*Information given*
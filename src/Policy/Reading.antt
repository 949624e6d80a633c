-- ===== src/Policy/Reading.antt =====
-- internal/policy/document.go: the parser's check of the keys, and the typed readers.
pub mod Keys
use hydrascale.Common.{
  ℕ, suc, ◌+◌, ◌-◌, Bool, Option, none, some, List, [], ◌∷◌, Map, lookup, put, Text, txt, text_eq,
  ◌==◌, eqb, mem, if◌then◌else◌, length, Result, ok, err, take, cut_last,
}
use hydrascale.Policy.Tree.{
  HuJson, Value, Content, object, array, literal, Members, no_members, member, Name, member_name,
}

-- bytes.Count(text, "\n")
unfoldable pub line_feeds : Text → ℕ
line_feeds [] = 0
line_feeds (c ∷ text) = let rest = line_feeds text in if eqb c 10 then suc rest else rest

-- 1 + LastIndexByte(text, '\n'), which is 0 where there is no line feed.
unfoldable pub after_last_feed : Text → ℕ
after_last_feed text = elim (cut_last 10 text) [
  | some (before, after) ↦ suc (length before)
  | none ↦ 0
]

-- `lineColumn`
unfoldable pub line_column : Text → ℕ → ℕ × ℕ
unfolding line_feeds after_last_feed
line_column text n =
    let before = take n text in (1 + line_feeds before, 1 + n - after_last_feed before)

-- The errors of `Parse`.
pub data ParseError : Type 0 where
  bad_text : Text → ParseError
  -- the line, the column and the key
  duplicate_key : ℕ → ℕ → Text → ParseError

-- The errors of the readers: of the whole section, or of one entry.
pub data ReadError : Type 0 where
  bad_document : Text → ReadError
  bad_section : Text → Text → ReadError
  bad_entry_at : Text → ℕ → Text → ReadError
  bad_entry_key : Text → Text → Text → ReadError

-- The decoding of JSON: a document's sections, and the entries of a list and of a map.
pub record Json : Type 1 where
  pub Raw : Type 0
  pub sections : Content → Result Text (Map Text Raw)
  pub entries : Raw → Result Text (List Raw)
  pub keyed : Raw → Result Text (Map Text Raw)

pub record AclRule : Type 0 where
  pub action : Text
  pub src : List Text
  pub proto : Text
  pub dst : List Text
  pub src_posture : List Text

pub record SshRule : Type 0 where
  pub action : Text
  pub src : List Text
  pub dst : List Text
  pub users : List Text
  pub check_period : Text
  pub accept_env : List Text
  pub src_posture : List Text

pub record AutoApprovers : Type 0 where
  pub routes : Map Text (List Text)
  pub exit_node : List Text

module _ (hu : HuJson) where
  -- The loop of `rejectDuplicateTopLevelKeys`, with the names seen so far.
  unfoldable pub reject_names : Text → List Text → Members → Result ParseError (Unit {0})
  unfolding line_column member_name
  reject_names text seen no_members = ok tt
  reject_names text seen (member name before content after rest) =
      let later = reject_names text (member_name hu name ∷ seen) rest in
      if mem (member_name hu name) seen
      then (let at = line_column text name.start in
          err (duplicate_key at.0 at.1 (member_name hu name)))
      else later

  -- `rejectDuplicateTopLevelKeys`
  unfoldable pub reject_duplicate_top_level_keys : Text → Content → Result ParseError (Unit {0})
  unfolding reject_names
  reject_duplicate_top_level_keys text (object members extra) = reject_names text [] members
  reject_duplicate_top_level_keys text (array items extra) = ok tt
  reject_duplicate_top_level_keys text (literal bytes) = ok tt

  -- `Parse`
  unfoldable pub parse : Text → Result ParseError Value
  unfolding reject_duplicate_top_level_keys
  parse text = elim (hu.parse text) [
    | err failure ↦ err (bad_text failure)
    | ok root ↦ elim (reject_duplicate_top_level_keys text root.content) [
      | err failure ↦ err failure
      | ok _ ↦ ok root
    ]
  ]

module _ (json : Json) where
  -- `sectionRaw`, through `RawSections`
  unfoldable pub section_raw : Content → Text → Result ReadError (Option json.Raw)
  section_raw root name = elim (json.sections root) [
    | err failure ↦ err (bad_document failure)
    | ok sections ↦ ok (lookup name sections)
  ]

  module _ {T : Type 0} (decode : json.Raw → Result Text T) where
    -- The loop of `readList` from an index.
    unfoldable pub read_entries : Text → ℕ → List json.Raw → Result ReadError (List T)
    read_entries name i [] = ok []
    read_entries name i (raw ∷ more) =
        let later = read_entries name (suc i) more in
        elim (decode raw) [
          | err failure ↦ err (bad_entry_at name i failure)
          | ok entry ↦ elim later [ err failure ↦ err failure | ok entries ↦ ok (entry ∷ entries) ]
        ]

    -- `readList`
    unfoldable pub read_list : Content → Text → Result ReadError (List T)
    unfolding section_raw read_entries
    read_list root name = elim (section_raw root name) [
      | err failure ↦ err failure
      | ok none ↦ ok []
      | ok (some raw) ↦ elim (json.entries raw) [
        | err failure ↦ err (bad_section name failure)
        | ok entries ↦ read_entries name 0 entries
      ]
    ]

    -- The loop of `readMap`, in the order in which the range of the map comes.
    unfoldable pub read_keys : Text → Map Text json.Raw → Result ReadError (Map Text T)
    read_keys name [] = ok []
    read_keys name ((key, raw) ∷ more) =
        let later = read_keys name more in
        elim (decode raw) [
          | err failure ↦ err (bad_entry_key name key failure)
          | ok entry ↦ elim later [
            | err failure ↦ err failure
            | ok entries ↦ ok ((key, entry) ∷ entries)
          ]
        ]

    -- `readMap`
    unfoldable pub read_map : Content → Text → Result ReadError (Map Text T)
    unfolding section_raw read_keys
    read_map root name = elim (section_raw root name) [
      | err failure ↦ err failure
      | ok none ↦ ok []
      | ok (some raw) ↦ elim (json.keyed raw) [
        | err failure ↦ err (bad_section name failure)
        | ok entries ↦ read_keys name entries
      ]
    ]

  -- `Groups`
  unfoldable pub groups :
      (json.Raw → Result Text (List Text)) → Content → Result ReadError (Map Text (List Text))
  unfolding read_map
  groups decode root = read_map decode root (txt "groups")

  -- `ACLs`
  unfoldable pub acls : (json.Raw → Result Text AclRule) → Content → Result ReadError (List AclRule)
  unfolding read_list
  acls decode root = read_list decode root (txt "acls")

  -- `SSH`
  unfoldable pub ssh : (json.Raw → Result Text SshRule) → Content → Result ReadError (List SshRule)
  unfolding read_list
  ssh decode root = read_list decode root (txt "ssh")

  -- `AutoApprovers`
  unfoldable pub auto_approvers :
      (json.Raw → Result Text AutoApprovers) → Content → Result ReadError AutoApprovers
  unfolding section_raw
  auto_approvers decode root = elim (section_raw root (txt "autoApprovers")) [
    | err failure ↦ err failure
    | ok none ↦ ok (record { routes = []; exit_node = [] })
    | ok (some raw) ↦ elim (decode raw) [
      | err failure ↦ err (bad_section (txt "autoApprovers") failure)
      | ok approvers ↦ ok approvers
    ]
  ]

*Task prompt*
Line count for the string "else": tally the lines of the records above that contain it and give only the result.

*Expected answer*
3